◆ **Recorded data**:
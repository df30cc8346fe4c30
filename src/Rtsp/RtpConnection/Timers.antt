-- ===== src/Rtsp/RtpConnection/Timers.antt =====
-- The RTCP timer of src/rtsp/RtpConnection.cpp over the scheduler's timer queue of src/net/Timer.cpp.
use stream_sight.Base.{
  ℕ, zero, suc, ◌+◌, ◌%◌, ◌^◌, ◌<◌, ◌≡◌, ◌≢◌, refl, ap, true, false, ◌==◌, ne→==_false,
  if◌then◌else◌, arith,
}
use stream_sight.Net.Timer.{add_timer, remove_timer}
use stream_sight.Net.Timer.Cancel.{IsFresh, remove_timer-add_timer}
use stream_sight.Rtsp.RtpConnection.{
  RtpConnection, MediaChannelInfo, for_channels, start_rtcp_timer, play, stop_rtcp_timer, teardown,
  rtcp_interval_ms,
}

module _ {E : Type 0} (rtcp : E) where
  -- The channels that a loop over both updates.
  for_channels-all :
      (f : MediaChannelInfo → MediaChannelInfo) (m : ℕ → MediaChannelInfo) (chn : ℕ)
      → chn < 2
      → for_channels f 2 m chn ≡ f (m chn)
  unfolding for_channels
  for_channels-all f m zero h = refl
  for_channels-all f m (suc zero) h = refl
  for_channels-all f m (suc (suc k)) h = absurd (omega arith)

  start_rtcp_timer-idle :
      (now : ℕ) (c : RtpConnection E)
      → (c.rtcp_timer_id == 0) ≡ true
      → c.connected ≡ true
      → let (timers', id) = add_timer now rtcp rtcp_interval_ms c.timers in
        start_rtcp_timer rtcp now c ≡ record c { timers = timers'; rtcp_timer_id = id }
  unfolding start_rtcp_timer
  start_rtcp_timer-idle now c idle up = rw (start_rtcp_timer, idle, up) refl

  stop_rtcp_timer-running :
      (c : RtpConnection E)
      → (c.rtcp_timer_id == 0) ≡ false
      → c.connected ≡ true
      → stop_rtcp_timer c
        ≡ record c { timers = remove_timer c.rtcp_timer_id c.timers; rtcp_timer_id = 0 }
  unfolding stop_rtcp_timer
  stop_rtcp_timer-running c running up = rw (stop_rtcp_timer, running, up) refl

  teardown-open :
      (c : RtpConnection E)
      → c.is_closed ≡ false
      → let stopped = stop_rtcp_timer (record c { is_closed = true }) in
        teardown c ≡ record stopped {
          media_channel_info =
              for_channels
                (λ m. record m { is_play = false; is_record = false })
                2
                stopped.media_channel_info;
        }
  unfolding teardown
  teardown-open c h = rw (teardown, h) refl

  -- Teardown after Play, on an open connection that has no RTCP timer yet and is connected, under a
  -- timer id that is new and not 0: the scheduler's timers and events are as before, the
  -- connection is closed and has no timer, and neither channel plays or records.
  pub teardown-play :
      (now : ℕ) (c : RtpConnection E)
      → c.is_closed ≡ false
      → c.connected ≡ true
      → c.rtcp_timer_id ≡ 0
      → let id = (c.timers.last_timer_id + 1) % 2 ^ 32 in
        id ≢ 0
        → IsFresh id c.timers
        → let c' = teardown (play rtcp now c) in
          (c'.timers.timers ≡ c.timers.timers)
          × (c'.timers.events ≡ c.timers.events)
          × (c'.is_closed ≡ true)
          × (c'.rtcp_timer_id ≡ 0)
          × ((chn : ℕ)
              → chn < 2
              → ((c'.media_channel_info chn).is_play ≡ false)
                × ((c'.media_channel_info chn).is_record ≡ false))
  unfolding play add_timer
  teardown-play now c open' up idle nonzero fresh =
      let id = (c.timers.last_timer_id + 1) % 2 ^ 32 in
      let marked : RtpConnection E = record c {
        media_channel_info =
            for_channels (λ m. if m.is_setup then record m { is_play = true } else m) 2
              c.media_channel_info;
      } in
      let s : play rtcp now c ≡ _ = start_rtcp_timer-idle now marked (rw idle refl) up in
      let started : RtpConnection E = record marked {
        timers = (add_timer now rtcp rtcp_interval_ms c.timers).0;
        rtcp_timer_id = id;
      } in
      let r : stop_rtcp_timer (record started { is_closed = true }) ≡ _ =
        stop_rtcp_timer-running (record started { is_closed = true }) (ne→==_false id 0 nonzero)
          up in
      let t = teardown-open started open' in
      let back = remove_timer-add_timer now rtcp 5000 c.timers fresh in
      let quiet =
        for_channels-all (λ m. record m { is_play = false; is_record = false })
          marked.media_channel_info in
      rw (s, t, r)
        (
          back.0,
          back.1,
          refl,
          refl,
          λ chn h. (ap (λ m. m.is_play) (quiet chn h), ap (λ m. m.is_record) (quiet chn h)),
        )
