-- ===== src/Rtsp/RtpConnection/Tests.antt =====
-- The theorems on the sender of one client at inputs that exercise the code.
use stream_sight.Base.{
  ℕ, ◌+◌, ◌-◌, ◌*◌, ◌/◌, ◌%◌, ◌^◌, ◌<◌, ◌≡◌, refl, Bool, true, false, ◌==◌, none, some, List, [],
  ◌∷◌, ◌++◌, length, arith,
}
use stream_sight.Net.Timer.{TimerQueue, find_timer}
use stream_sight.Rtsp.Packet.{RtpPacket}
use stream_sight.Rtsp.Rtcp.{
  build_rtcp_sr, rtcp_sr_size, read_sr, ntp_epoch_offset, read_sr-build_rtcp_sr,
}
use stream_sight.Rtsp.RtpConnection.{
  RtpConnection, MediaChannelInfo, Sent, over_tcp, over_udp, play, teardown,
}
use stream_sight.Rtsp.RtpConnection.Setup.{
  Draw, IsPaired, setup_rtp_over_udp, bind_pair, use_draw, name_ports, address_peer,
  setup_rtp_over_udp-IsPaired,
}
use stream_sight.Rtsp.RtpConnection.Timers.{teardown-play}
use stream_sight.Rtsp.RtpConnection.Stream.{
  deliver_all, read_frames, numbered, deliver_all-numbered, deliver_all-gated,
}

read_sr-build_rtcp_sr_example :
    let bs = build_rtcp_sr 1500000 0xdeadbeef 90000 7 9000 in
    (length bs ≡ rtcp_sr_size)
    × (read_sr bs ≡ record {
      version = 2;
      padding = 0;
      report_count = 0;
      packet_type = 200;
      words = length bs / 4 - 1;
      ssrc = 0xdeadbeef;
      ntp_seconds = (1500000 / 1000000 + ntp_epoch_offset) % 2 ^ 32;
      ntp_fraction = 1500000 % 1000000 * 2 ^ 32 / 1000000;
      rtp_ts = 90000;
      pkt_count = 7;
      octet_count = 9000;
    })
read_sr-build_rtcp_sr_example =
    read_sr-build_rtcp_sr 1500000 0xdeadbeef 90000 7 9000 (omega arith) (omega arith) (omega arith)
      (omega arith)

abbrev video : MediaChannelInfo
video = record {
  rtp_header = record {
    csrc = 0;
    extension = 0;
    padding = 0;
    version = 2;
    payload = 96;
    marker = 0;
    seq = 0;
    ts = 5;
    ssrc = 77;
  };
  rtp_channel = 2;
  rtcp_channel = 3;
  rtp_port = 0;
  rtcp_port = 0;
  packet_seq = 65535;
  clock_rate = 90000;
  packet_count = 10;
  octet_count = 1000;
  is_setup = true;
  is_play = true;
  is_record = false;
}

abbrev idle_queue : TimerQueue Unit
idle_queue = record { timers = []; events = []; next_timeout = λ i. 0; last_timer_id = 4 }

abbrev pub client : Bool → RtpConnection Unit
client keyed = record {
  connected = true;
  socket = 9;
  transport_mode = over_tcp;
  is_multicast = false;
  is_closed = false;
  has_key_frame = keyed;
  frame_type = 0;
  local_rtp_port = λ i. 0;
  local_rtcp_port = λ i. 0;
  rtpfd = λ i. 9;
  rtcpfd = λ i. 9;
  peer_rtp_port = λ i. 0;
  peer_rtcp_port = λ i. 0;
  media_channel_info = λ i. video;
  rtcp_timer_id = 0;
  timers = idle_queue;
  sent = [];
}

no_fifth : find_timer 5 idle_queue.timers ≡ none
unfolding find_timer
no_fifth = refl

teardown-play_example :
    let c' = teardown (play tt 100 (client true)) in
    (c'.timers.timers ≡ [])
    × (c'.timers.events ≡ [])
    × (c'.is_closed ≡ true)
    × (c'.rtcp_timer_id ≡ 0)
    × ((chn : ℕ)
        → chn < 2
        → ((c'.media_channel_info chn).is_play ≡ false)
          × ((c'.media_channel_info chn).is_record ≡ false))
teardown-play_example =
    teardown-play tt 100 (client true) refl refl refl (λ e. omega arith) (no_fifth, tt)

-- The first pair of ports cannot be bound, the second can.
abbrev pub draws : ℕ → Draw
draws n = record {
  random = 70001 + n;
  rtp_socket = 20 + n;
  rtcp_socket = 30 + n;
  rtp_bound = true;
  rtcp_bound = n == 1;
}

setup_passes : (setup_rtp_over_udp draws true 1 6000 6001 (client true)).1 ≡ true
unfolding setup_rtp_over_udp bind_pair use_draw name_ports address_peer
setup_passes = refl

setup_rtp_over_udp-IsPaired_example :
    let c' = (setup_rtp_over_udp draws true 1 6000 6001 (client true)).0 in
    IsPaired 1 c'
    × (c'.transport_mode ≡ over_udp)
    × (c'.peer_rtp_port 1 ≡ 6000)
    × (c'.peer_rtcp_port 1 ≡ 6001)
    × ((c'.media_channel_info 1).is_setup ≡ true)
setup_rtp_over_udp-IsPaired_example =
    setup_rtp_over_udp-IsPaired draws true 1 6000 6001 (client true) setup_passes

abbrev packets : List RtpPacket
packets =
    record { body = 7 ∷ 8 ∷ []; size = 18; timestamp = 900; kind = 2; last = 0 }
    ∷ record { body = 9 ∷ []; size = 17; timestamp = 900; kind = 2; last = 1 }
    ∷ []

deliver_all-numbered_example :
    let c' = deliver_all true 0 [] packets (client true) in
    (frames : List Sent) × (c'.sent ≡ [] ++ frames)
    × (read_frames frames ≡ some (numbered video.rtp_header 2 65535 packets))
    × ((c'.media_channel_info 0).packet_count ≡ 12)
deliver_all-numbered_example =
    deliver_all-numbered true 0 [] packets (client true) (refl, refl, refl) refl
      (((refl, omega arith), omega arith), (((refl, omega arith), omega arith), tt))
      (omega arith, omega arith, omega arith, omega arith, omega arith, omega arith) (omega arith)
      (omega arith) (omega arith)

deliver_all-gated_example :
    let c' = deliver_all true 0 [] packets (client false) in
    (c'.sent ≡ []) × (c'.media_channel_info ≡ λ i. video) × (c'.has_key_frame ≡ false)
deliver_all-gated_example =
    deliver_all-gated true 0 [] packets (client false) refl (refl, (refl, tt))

◆ **Problem description**: Look through the entries and return every line where "Unit" appears.

◆ **Exercise answer**:
abbrev idle_queue : TimerQueue Unit
abbrev pub client : Bool → RtpConnection Unit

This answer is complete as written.